Neither the content of the Company's website nor any website accessible by hyperlinks on the Company's website is incorporated in, or forms part of, this announcement.

 

Information to Distributors

 

Solely for the purposes of the product governance requirements contained within: (a) EU Directive 2014/65/EU on markets in financial instruments, as amended ("MiFID II"); (b) Articles 9 and 10 of Commission Delegated Directive (EU) 2017/593 supplementing MiFID II; and (c) local implementing measures (together, the MiFID II Product Governance Requirements), and disclaiming all and any liability, whether arising in tort, contract or otherwise, which any "manufacturer" (for the purposes of the MiFID II Product Governance Requirements) may otherwise have with respect thereto, the New Shares have been subject to a product approval process, which has determined that the New Shares are: (i) compatible with an end target market of retail investors and investors who meet the criteria of professional clients and eligible counterparties, each as defined in MiFID II; and (ii) eligible for distribution through all distribution channels as are permitted by MiFID II (the "Target Market Assessment"). Notwithstanding the Target Market Assessment, distributors should note that: the price of the New Shares may decline and investors could lose all or part of their investment; the New Shares offer no guaranteed income and no capital protection; and an investment in the New Shares is compatible only with investors who do not need a guaranteed income or capital protection, who (either alone or in conjunction with an appropriate financial or other adviser) are capable of evaluating the merits and risks of such an investment and who have sufficient resources to be able to bear any losses that may result therefrom.

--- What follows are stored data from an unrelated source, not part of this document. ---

-- ===== src/Csr/Approved.antt =====
-- pkg/csr/csr.go: what holds of a request that was approved.
use windows_machine_config_o.Common.{
  ◌≤◌, String, ◌≡◌, ◌≢◌, ◌⊎◌, ◌↔◌, refl, sym, inl, inr, Bool, true, some, List, [], ◌∷◌, In, All,
  ok, ◌==◌, length, any, items, elems, deep_equal_iff, String_deep_equal, Slice_deep_equal, arith,
  eq_iff, Bool-cases, Result-cases,
}
use windows_machine_config_o.Common.Text.{trim_prefix}
use windows_machine_config_o.Instances.{Info}
use windows_machine_config_o.Csr.{
  World, SigningRequest, CertificateRequest, node_not_found, node_group, system_prefix,
  node_user_name_prefix, kubelet_client_usages, kubelet_client_usages_no_rsa, kubelet_server_usages,
  kubelet_server_usages_no_rsa, all_in, has_usages, parse_csr, validate_node_name,
  validate_kubelet_serving_csr, is_node_client_cert, validate_kind, validate_csr_contents, approve,
}
use windows_machine_config_o.Csr.Named.{HasNamed, validate_node_name-HasNamed}

any-In : (x : String) (xs : List String) → (any (λ v. v == x) xs ≡ true) ↔ In x xs
any-In x [] = ground arith
any-In x (y ∷ ys) = ground (arith, eq_iff y x, any-In x ys)

all_in-All :
    (requested usages : List String)
    → (all_in requested usages ≡ true) ↔ All (λ u. In u usages) requested
all_in-All [] usages = ground arith
all_in-All (u ∷ us) usages = ground (arith, any-In u usages, all_in-All us usages)

-- hasUsages holds of exactly the requests with at least two usages, each of which is one of those given.
pub has_usages-All :
    (requested usages : List String)
    → (has_usages requested usages ≡ true)
      ↔ ((2 ≤ length requested) × All (λ u. In u usages) requested)
unfolding has_usages
has_usages-All requested usages = ground (arith, all_in-All requested usages)

-- What a serving request has.
pub record IsServing (csr : SigningRequest) (parsed : CertificateRequest) : Type 0 where
  pub nodes_group : In node_group csr.groups
  pub authenticated : In system_prefix csr.groups
  pub organization : In node_group (elems parsed.organization)
  pub usages :
      (has_usages csr.usages kubelet_server_usages ≡ true)
      ⊎ (has_usages csr.usages kubelet_server_usages_no_rsa ≡ true)

validate_kubelet_serving_csr-IsServing :
    (csr : SigningRequest) (parsed : CertificateRequest)
    → validate_kubelet_serving_csr csr parsed ≡ ok tt
    → IsServing csr parsed
unfolding validate_kubelet_serving_csr
validate_kubelet_serving_csr-IsServing csr parsed e = record {
  nodes_group = (any-In node_group csr.groups).0 (ground arith);
  authenticated = (any-In system_prefix csr.groups).0 (ground arith);
  organization = (any-In node_group (elems parsed.organization)).0 (ground arith);
  usages = ground arith;
}

-- What a client request of a node to be has.
pub record IsClient (w : World) (csr : SigningRequest) (parsed : CertificateRequest) (name : String)
    : Type 0 where
  pub organization : parsed.organization ≡ items (node_group ∷ [])
  pub usages :
      (has_usages csr.usages kubelet_client_usages ≡ true)
      ⊎ (has_usages csr.usages kubelet_client_usages_no_rsa ≡ true)
  pub no_node : w.get_node name ≡ node_not_found

is_node_client_cert-IsClient :
    (w : World) (csr : SigningRequest) (parsed : CertificateRequest) (name : String)
    → is_node_client_cert csr parsed ≡ true
    → w.get_node name ≡ node_not_found
    → IsClient w csr parsed name
unfolding is_node_client_cert
is_node_client_cert-IsClient w csr parsed name e absent = record {
  organization =
      sym ((deep_equal_iff (items (node_group ∷ [])) parsed.organization).0 (ground arith));
  usages = ground arith;
  no_node = absent;
}

validate_kind-cases :
    (w : World) (csr : SigningRequest) (parsed : CertificateRequest) (name : String)
    → validate_kind w csr parsed name ≡ ok true
    → IsClient w csr parsed name ⊎ IsServing csr parsed
unfolding validate_kind
validate_kind-cases w csr parsed name e = elim (Bool-cases (is_node_client_cert csr parsed)) [
  | inl client ↦ inl (is_node_client_cert-IsClient w csr parsed name client (ground arith))
  | inr other ↦ inr (validate_kubelet_serving_csr-IsServing csr parsed (ground arith))
]

-- What is known of the request and the name in it.
pub record IsApprovable (w : World) (csr : SigningRequest) : Type 0 where
  pub parsed : CertificateRequest
  pub is_parsed : parse_csr w csr.request ≡ ok parsed
  pub name : String
  pub is_name : name ≡ trim_prefix parsed.common_name node_user_name_prefix
  pub is_given : name ≢ ""
  pub instances : List Info
  pub are_instances : w.get_instances ≡ some instances
  pub is_named : HasNamed w name instances
  pub kind : IsClient w csr parsed name ⊎ IsServing csr parsed

validate_csr_contents-IsApprovable :
    (w : World) (csr : SigningRequest) → validate_csr_contents w csr ≡ ok true → IsApprovable w csr
unfolding validate_csr_contents
validate_csr_contents-IsApprovable w csr e = elim (Result-cases (parse_csr w csr.request)) [
  | inr (x, failed) ↦ absurd (ground (arith, rw (failed, validate_csr_contents) at e))
  | inl (parsed, read) ↦
      let name = trim_prefix parsed.common_name node_user_name_prefix in
      let e1 = rw (read, validate_csr_contents) at e in
      let valid : validate_node_name w name ≡ ok true = ground (arith, e1) in
      let (instances, found, named) = validate_node_name-HasNamed w name valid in
      record {
        parsed = parsed;
        is_parsed = read;
        name = name;
        is_name = refl;
        is_given = λ blank. absurd (ground (arith, e1, (eq_iff name "").1 blank));
        instances = instances;
        are_instances = found;
        is_named = named;
        kind = validate_kind-cases w csr parsed name (ground (arith, e1));
      }
]

-- An approval is written only for a request with a name that is, or is a part of, the address, a name or
-- the host name of an instance of the ConfigMap; the request is one for the client certificate of a node
-- that does not exist yet, or has the groups, the organization and usages of a serving certificate.
pub approve-IsApprovable :
    (w : World) (updates : Bool) (csr : SigningRequest)
    → (approve w updates csr).0 ≡ true
    → IsApprovable w csr
unfolding approve
approve-IsApprovable w updates csr e = validate_csr_contents-IsApprovable w csr (ground arith)
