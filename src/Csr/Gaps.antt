-- ===== src/Csr/Gaps.antt =====
-- pkg/csr/csr.go: which names are taken for that of an instance, though they are only a part of it.
use Prim.Native.String.{◌∷◌ as char_cons, [] as empty_text, ◌++◌ as text_append}
use Prim.Native.Char.{Char}
use text.Mathlib.Text.{starts_with}
use text.Mathlib.TextLemmas.{cons-append, nil-append}
use text.Mathlib.TextPositions.{starts_with-append}
use windows_machine_config_o.Common.{
  String, ◌≡◌, ◌≢◌, ◌⊎◌, refl, sym, subst, ap, ◌∙◌, inl, inr, true, false, some, List, ◌∷◌, ok,
  arith,
}
use windows_machine_config_o.Daemon.Cleanup.{contains_text}
use windows_machine_config_o.Instances.{Info}
use windows_machine_config_o.Csr.{World, matches_dns, validate_node_name}

contains_text-cons :
    (c : Char) (s t : String)
    → (starts_with (char_cons c s) t ≡ true) ⊎ (contains_text s t ≡ true)
    → contains_text (char_cons c s) t ≡ true
unfolding contains_text
contains_text-cons c s t e = ground arith

contains_text-middle :
    (pre name post : String)
    → name ≢ ""
    → contains_text (text_append pre (text_append name post)) name ≡ true
contains_text-middle empty_text empty_text post given = absurd (given refl)
contains_text-middle empty_text (char_cons c n) post given =
    let cons = cons-append c n post in
    let starts : starts_with (char_cons c (text_append n post)) (char_cons c n) ≡ true =
      subst (λ x. starts_with x (char_cons c n) ≡ true) cons
        (starts_with-append (char_cons c n) post) in
    subst (λ x. contains_text x (char_cons c n) ≡ true)
      (sym (nil-append (text_append (char_cons c n) post) ∙ cons))
      (contains_text-cons c (text_append n post) (char_cons c n) (inl starts))
contains_text-middle (char_cons d pre) name post given =
    rw (cons-append d pre (text_append name post)) (
      contains_text-cons d (text_append pre (text_append name post)) name
        (inr (contains_text-middle pre name post given)))

-- Each part of the address of an instance that is not an IP address, a single letter of it say, is
-- accepted as the node name of the instance, whatever instances there are behind it.
pub validate_node_name_part :
    (w : World) (instance : Info) (instances : List Info) (pre name post : String)
    → name ≢ ""
    → w.get_instances ≡ some (instance ∷ instances)
    → w.is_ip instance.address ≡ false
    → instance.address ≡ text_append pre (text_append name post)
    → validate_node_name w name ≡ ok true
unfolding validate_node_name matches_dns
validate_node_name_part w instance instances pre name post given found text address =
    let part : contains_text instance.address name ≡ true =
      ap (λ a. contains_text a name) address ∙ contains_text-middle pre name post given in
    rw (found, validate_node_name, matches_dns, text, part) refl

The Target Market Assessment is without prejudice to the requirements of any contractual, legal or regulatory selling restrictions in relation to the Capital Raise. Furthermore, it is noted that, notwithstanding the Target Market Assessment, the Joint Bookrunners will only procure investors who meet the criteria of professional clients and eligible counterparties.

 

For the avoidance of doubt, the Target Market Assessment does not constitute: (a) an assessment of suitability or appropriateness for the purposes of MiFID II; or (b) a recommendation to any investor or group of investors to invest in, or purchase, or take any other action whatsoever with respect to the New Shares. Each distributor is responsible for undertaking its own Target Market Assessment in respect of the New Shares and determining appropriate distribution channels.